WORKING MEN OF ALL COUNTRIES, UNITE! Written in 1848 by political theorists Karl Marx and Friedrich Engels, The Communist Manifesto has since been recognized as one of the world's most influential political manuscripts. Commissioned by the Communist League, it laid out the League's purposes and program. It presents an analytical approach to the class struggle (historical and present) and the problems of capitalism, rather than a prediction of communism's potential future forms.
The seminal work contains Marx and Engels' theories about the nature of society and politics, that in their own words, "The history of all hitherto existing society is the history of class struggles".
The book also briefly features their ideas for how the capitalist society of the time would eventually be replaced by socialism, and then eventually communism.
'The Communist Manifesto' is an attempt to explain the goal of communism as well as the theory underlying the communist movement. It argues that class struggles and the exploitation of the lower class are the motivating factors behind historical developments leading to the communist movement. Marx insisted that his brand of socialism was different from others because it was scientifically based in the objective study of history, which he saw as a continuous process of change and transformation. Just as feudalism evolved into mercantilism and then capitalism, capitalism would inevitably give way to its logical successor, socialism, as the necessary result of class struggle.
Marx discusses modern industrial society, which is characterized by class conflict between the bourgeoisie (the employers of the wage laborers and the owners of the means of production) and the proletariat (the wage-laborers who do not have their own means of production and therefore must sell their own labor in order to survive). The productive forces of capitalism, he argues, are quickly ceasing to be compatible with this exploitative relationship and therefore the proletariat will lead a revolution different from any previous revolution. Where previous revolutions simply reallocated property in favor of the new ruling class, this revolution would have the proletariat destroying all ownership of private property, which would cause social classes to disappear and a classless society to arise. Marx argues that this development is inevitable and that capitalism is inherently unstable. The Communists intend to promote this revolution and will promote the parties and associations that are moving history towards this natural conclusion. The elimination of social classes cannot come about through reforms or changes in government, but has to happen through a revolution.
'The Communist Manifesto' concludes with a discussion about the role of the Communists as they work with other parties and ends with a rallying cry: "Let the ruling classes tremble at a Communistic revolution. The proletarians have nothing to lose but their chains. They have a world to win. WORKING MEN OF ALL COUNTRIES, UNITE!"
About the Author: Karl Heinrich Marx (5 May 1818 - 14 March 1883) was a German philosopher, economist, sociologist, historian, journalist, and revolutionary socialist. Marx's work in economics laid the basis for the current understanding of labour and its relation to capital, and has influenced much of subsequent economic thought. He published numerous books during his lifetime, the most notable being 'The Communist Manifesto' (1848) and 'Das Kapital' (1867-1894).
Born into a wealthy middle-class family in Trier in the Prussian Rhineland, Marx studied at the University of Bonn and the University of Berlin, where he became interested in the philosophical ideas of the Young Hegelians. After his studies, he wrote for a radical newspaper in Cologne, and began to work out his theory of dialectical materialism. He moved to Paris in 1843, where he began writing for other radical newspapers and met Friedrich Engels, who would become his lifelong friend and collaborator.
In 1849 he was exiled and moved to London together with his wife and children where he continued writing and formulating his theories about social and economic activity.
Marx's theories about society, economics and politics - collectively known as Marxism - hold that human societies progress through class struggle: a conflict between an ownership class that controls production and a dispossessed labouring class that provides the labour for production.

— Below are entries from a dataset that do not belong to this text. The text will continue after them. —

-- ===== src/Remote/SshConfig/Tests.antt =====
-- Tests and examples for the SSH config.
use vscode_coder.Base.{◌≡◌, refl, false, [], ◌∷◌, ◌++◌, Text, codes, has}
use vscode_coder.Remote.SshConfig.Merging.{
  Record, merge_ssh_config_values, parse_ssh_config, find, get, put, remove, keys, spellings,
  merge_override, merge_spelled, merge_key, merge_keys, add_override, add_left, insert_text,
  sort_texts, read_key, parse_entry, parse_line, parse_from,
}
use vscode_coder.Remote.SshConfig.Merging.Lookup.{find_lower, Distinct}
use vscode_coder.Remote.SshConfig.Merging.Overrides.{shown, overridden}
use vscode_coder.Remote.SshConfig.Merging.Merged.{merge-overridden}
use vscode_coder.Remote.SshConfig.{
  get_block, block, build_block, replace_block, count_substring, written, update, index_of,
  count_from, start_block_comment, end_block_comment, block_between, expand, trim_end, append_block,
  update_found,
}
use vscode_coder.Remote.SshConfig.Blocks.{Kept, update-Kept}

abbrev defaults : Record
defaults =
    (codes "ConnectTimeout", codes "0")
    ∷ (codes "LogLevel", codes "ERROR")
    ∷ (codes "SetEnv", codes "A=1")
    ∷ []

abbrev overrides : Record
overrides =
    (codes "loglevel", codes "DEBUG")
    ∷ (codes "CONNECTTIMEOUT", [])
    ∷ (codes "setenv", codes "B=2")
    ∷ (codes "Port", codes "22")
    ∷ []

merged_values :
    merge_ssh_config_values defaults overrides
    ≡ (codes "loglevel", codes "DEBUG")
      ∷ (codes "SetEnv", codes "A=1 B=2")
      ∷ (codes "Port", codes "22")
      ∷ []
unfolding find get put remove keys spellings merge_override merge_spelled merge_key merge_keys
    add_override add_left merge_ssh_config_values insert_text sort_texts read_key parse_entry
    parse_line parse_from parse_ssh_config index_of count_from count_substring start_block_comment
    end_block_comment block_between get_block build_block expand replace_block trim_end append_block
    update_found update
merged_values = refl

parsed_lines :
    parse_ssh_config
      (codes "LogLevel=DEBUG" ∷ codes "SetEnv A=1" ∷ codes "bad" ∷ codes "setenv B=2" ∷ [])
    ≡ (codes "LogLevel", codes "DEBUG") ∷ (codes "SetEnv", codes "A=1 B=2") ∷ []
unfolding find get put remove keys spellings merge_override merge_spelled merge_key merge_keys
    add_override add_left merge_ssh_config_values insert_text sort_texts read_key parse_entry
    parse_line parse_from parse_ssh_config index_of count_from count_substring start_block_comment
    end_block_comment block_between get_block build_block expand replace_block trim_end append_block
    update_found update
parsed_lines = refl

defaults-Distinct : Distinct defaults
defaults-Distinct = (refl, refl, (refl, refl, (refl, refl, tt)))

overrides-Distinct : Distinct overrides
overrides-Distinct = (refl, refl, (refl, refl, (refl, refl, (refl, refl, tt))))

merge-overridden_example :
    shown (find_lower (codes "loglevel") (merge_ssh_config_values defaults overrides))
    ≡ shown (
        overridden
          (find_lower (codes "loglevel") overrides)
          (find_lower (codes "loglevel") defaults))
merge-overridden_example =
    merge-overridden defaults overrides (codes "loglevel") defaults-Distinct overrides-Distinct refl

abbrev old_file : Text
old_file =
    codes
      "Host a\n# --- START CODER VSCODE dev ---\nHost b\n# --- END CODER VSCODE dev ---\nHost c\n"

found_in_file :
    get_block (codes "dev") old_file
    ≡ block 7 (codes "# --- START CODER VSCODE dev ---\nHost b\n# --- END CODER VSCODE dev ---")
unfolding find get put remove keys spellings merge_override merge_spelled merge_key merge_keys
    add_override add_left merge_ssh_config_values insert_text sort_texts read_key parse_entry
    parse_line parse_from parse_ssh_config index_of count_from count_substring start_block_comment
    end_block_comment block_between get_block build_block expand replace_block trim_end append_block
    update_found update
found_in_file = refl

updated_file :
    update old_file (codes "dev") (codes "coder--*") defaults overrides
    ≡ written (
        codes "Host a\n"
        ++ build_block (codes "dev") (codes "coder--*") defaults overrides
        ++ codes "\nHost c\n")
unfolding find get put remove keys spellings merge_override merge_spelled merge_key merge_keys
    add_override add_left merge_ssh_config_values insert_text sort_texts read_key parse_entry
    parse_line parse_from parse_ssh_config index_of count_from count_substring start_block_comment
    end_block_comment block_between get_block build_block expand replace_block trim_end append_block
    update_found update
updated_file = refl

no_dollar : has (build_block (codes "dev") (codes "coder--*") defaults overrides) b'$' ≡ false
unfolding find get put remove keys spellings merge_override merge_spelled merge_key merge_keys
    add_override add_left merge_ssh_config_values insert_text sort_texts read_key parse_entry
    parse_line parse_from parse_ssh_config index_of count_from count_substring start_block_comment
    end_block_comment block_between get_block build_block expand replace_block trim_end append_block
    update_found update
no_dollar = refl

update-Kept_example :
    Kept
      (codes "dev")
      old_file
      (build_block (codes "dev") (codes "coder--*") defaults overrides)
      (update old_file (codes "dev") (codes "coder--*") defaults overrides)
update-Kept_example =
    update-Kept old_file (codes "dev") (codes "coder--*") defaults overrides no_dollar

-- A dollar and an apostrophe in the new block bring in what follows the old one.
dollar_pattern : replace_block (codes "a[b]c") (codes "[b]") (codes "x$'y") ≡ codes "axcyc"
unfolding find get put remove keys spellings merge_override merge_spelled merge_key merge_keys
    add_override add_left merge_ssh_config_values insert_text sort_texts read_key parse_entry
    parse_line parse_from parse_ssh_config index_of count_from count_substring start_block_comment
    end_block_comment block_between get_block build_block expand replace_block trim_end append_block
    update_found update
dollar_pattern = refl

He called capitalism the "dictatorship of the bourgeoisie," believing it to be run by the wealthy classes for their own benefit; and he predicted that, like previous socioeconomic systems, capitalism produced internal tensions which would lead to its self-destruction and replacement by a new system: socialism.
Marx argued that class antagonisms under capitalism between the bourgeoisie and proletariat would eventuate in the working class' conquest of political power in the form of a dictatorship of the proletariat and eventually establish a classless society, socialism or communism, a society governed by a free association of producers. Along with believing in the inevitability of socialism and communism, Marx actively fought for their implementation, arguing that social theorists and underprivileged people alike should carry out organised revolutionary action to topple capitalism and bring about socio-economic change. Marx has been described as one of the most influential figures in human history.